### Exercise goal
Your output should consist of the data, copied exactly.

### Input for this task

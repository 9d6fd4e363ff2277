-- ===== src/Http2Response.antt =====
-- include/http2_response.h and src/http2_response.c: the response that an HTTP/2 stream sends.
pub mod Room
use emme.Prelude.{
  ℕ, ◌+◌, ◌-◌, Bool, true, false, not, if◌then◌else◌, ltb, leb, ◌&&◌, ℤ, pos, pos_part, neg_part,
  leb_ℤ, Option, none, some, List, [], ◌∷◌, ◌++◌, Bytes, codes, length, take, print_decimal,
}
use emme.Config.Numbers.{is_end}
use emme.Config.Types.{SecurityHeader, SecurityHeadersConfig, CorsConfig}

-- `Http2Response`; `num_headers` is the length of `headers`, `body_len` is a field of its own in C.
pub record Http2Response : Type 0 where
  pub headers : List SecurityHeader
  pub body : Bytes
  pub body_len : ℕ
  pub status_code : ℤ
  pub status_text : Bytes
  pub content_type : Bytes

-- BUFFER_SIZE and the size of the array `headers`
abbrev pub buffer_size : ℕ
buffer_size = 32768

abbrev pub max_response_headers : ℕ
max_response_headers = 16

-- `h2_response_init`
unfoldable pub h2_response_init : Http2Response
h2_response_init = record {
  headers = [];
  body = [];
  body_len = 0;
  status_code = pos 200;
  status_text = codes "OK";
  content_type = codes "text/html";
}

-- `h2_response_set_status`
unfoldable pub h2_response_set_status : Http2Response → ℤ → Bytes → Http2Response
h2_response_set_status r status text = record r { status_code = status; status_text = take 31 text }

-- `h2_response_add_header`
unfoldable pub h2_response_add_header : Http2Response → Bytes → Bytes → Http2Response
h2_response_add_header r name value =
    if leb max_response_headers (length r.headers)
    then r
    else record r { headers = r.headers ++ (record { name = name; value = value } ∷ []) }

-- `h2_response_set_body`
unfoldable pub h2_response_set_body : Http2Response → Bytes → ℕ → Http2Response
h2_response_set_body r text len =
    let kept = if leb buffer_size len then buffer_size - 1 else len in
    record r { body = take kept text; body_len = kept }

-- `h2_response_set_content_type`
unfoldable pub h2_response_set_content_type : Http2Response → Bytes → Http2Response
h2_response_set_content_type r type = record r { content_type = take 63 type }

-- The loop over the security headers
unfoldable pub add_security_headers : List SecurityHeader → Http2Response → Http2Response
add_security_headers [] r = r
add_security_headers (h ∷ hs) r =
    let more = add_security_headers hs (h2_response_add_header r h.name h.value) in
    if ltb (length r.headers) max_response_headers then more else r

-- `if (wanted && resp->num_headers < 16)`
unfoldable pub add_if : Bool → Bytes → Bytes → Http2Response → Http2Response
add_if wanted name value r =
    if wanted && ltb (length r.headers) max_response_headers
    then h2_response_add_header r name value
    else r

-- The branch of an enabled CORS configuration. The last value is a local buffer in C, which is out of its
-- scope when the headers are sent; here it is the text that was written there.
unfoldable pub add_cors_headers : CorsConfig → Http2Response → Http2Response
unfolding add_if
add_cors_headers cors r =
    add_if (not (leb_ℤ cors.max_age_seconds (pos 0))) (codes "Access-Control-Max-Age")
      (print_decimal (pos_part cors.max_age_seconds))
      (add_if cors.allow_credentials (codes "Access-Control-Allow-Credentials") (codes "true") (
        add_if (not (is_end cors.allow_headers)) (codes "Access-Control-Allow-Headers")
          cors.allow_headers
          (add_if (not (is_end cors.allow_methods)) (codes "Access-Control-Allow-Methods")
            cors.allow_methods
            (add_if (not (is_end cors.allow_origin)) (codes "Access-Control-Allow-Origin")
              cors.allow_origin r))))

unfoldable pub with_cors : Option CorsConfig → Http2Response → Http2Response
with_cors none r = r
with_cors (some cors) r = if cors.enabled then add_cors_headers cors r else r

-- `h2_response_add_security_headers`, with `none` for a null CORS configuration
unfoldable pub h2_response_add_security_headers :
    Http2Response → SecurityHeadersConfig → Option CorsConfig → Http2Response
unfolding with_cors
h2_response_add_security_headers r config cors =
    if config.enabled then with_cors cors (add_security_headers config.headers r) else r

### Response area
repository 9d6fd4e363ff2277
-- ===== src/Http2Response.antt =====
-- include/http2_response.h and src/http2_response.c: the response that an HTTP/2 stream sends.
pub mod Room
use emme.Prelude.{
  ℕ, ◌+◌, ◌-◌, Bool, true, false, not, if◌then◌else◌, ltb, leb, ◌&&◌, ℤ, pos, pos_part, neg_part,
  leb_ℤ, Option, none, some, List, [], ◌∷◌, ◌++◌, Bytes, codes, length, take, print_decimal,
}
use emme.Config.Numbers.{is_end}
use emme.Config.Types.{SecurityHeader, SecurityHeadersConfig, CorsConfig}

-- `Http2Response`; `num_headers` is the length of `headers`, `body_len` is a field of its own in C.
pub record Http2Response : Type 0 where
  pub headers : List SecurityHeader
  pub body : Bytes
  pub body_len : ℕ
  pub status_code : ℤ
  pub status_text : Bytes
  pub content_type : Bytes

-- BUFFER_SIZE and the size of the array `headers`
abbrev pub buffer_size : ℕ
buffer_size = 32768

abbrev pub max_response_headers : ℕ
max_response_headers = 16

-- `h2_response_init`
unfoldable pub h2_response_init : Http2Response
h2_response_init = record {
  headers = [];
  body = [];
  body_len = 0;
  status_code = pos 200;
  status_text = codes "OK";
  content_type = codes "text/html";
}

-- `h2_response_set_status`
unfoldable pub h2_response_set_status : Http2Response → ℤ → Bytes → Http2Response
h2_response_set_status r status text = record r { status_code = status; status_text = take 31 text }

-- `h2_response_add_header`
unfoldable pub h2_response_add_header : Http2Response → Bytes → Bytes → Http2Response
h2_response_add_header r name value =
    if leb max_response_headers (length r.headers)
    then r
    else record r { headers = r.headers ++ (record { name = name; value = value } ∷ []) }

-- `h2_response_set_body`
unfoldable pub h2_response_set_body : Http2Response → Bytes → ℕ → Http2Response
h2_response_set_body r text len =
    let kept = if leb buffer_size len then buffer_size - 1 else len in
    record r { body = take kept text; body_len = kept }

-- `h2_response_set_content_type`
unfoldable pub h2_response_set_content_type : Http2Response → Bytes → Http2Response
h2_response_set_content_type r type = record r { content_type = take 63 type }

-- The loop over the security headers
unfoldable pub add_security_headers : List SecurityHeader → Http2Response → Http2Response
add_security_headers [] r = r
add_security_headers (h ∷ hs) r =
    let more = add_security_headers hs (h2_response_add_header r h.name h.value) in
    if ltb (length r.headers) max_response_headers then more else r

-- `if (wanted && resp->num_headers < 16)`
unfoldable pub add_if : Bool → Bytes → Bytes → Http2Response → Http2Response
add_if wanted name value r =
    if wanted && ltb (length r.headers) max_response_headers
    then h2_response_add_header r name value
    else r

-- The branch of an enabled CORS configuration. The last value is a local buffer in C, which is out of its
-- scope when the headers are sent; here it is the text that was written there.
unfoldable pub add_cors_headers : CorsConfig → Http2Response → Http2Response
unfolding add_if
add_cors_headers cors r =
    add_if (not (leb_ℤ cors.max_age_seconds (pos 0))) (codes "Access-Control-Max-Age")
      (print_decimal (pos_part cors.max_age_seconds))
      (add_if cors.allow_credentials (codes "Access-Control-Allow-Credentials") (codes "true") (
        add_if (not (is_end cors.allow_headers)) (codes "Access-Control-Allow-Headers")
          cors.allow_headers
          (add_if (not (is_end cors.allow_methods)) (codes "Access-Control-Allow-Methods")
            cors.allow_methods
            (add_if (not (is_end cors.allow_origin)) (codes "Access-Control-Allow-Origin")
              cors.allow_origin r))))

unfoldable pub with_cors : Option CorsConfig → Http2Response → Http2Response
with_cors none r = r
with_cors (some cors) r = if cors.enabled then add_cors_headers cors r else r

-- `h2_response_add_security_headers`, with `none` for a null CORS configuration
unfoldable pub h2_response_add_security_headers :
    Http2Response → SecurityHeadersConfig → Option CorsConfig → Http2Response
unfolding with_cors
h2_response_add_security_headers r config cors =
    if config.enabled then with_cors cors (add_security_headers config.headers r) else r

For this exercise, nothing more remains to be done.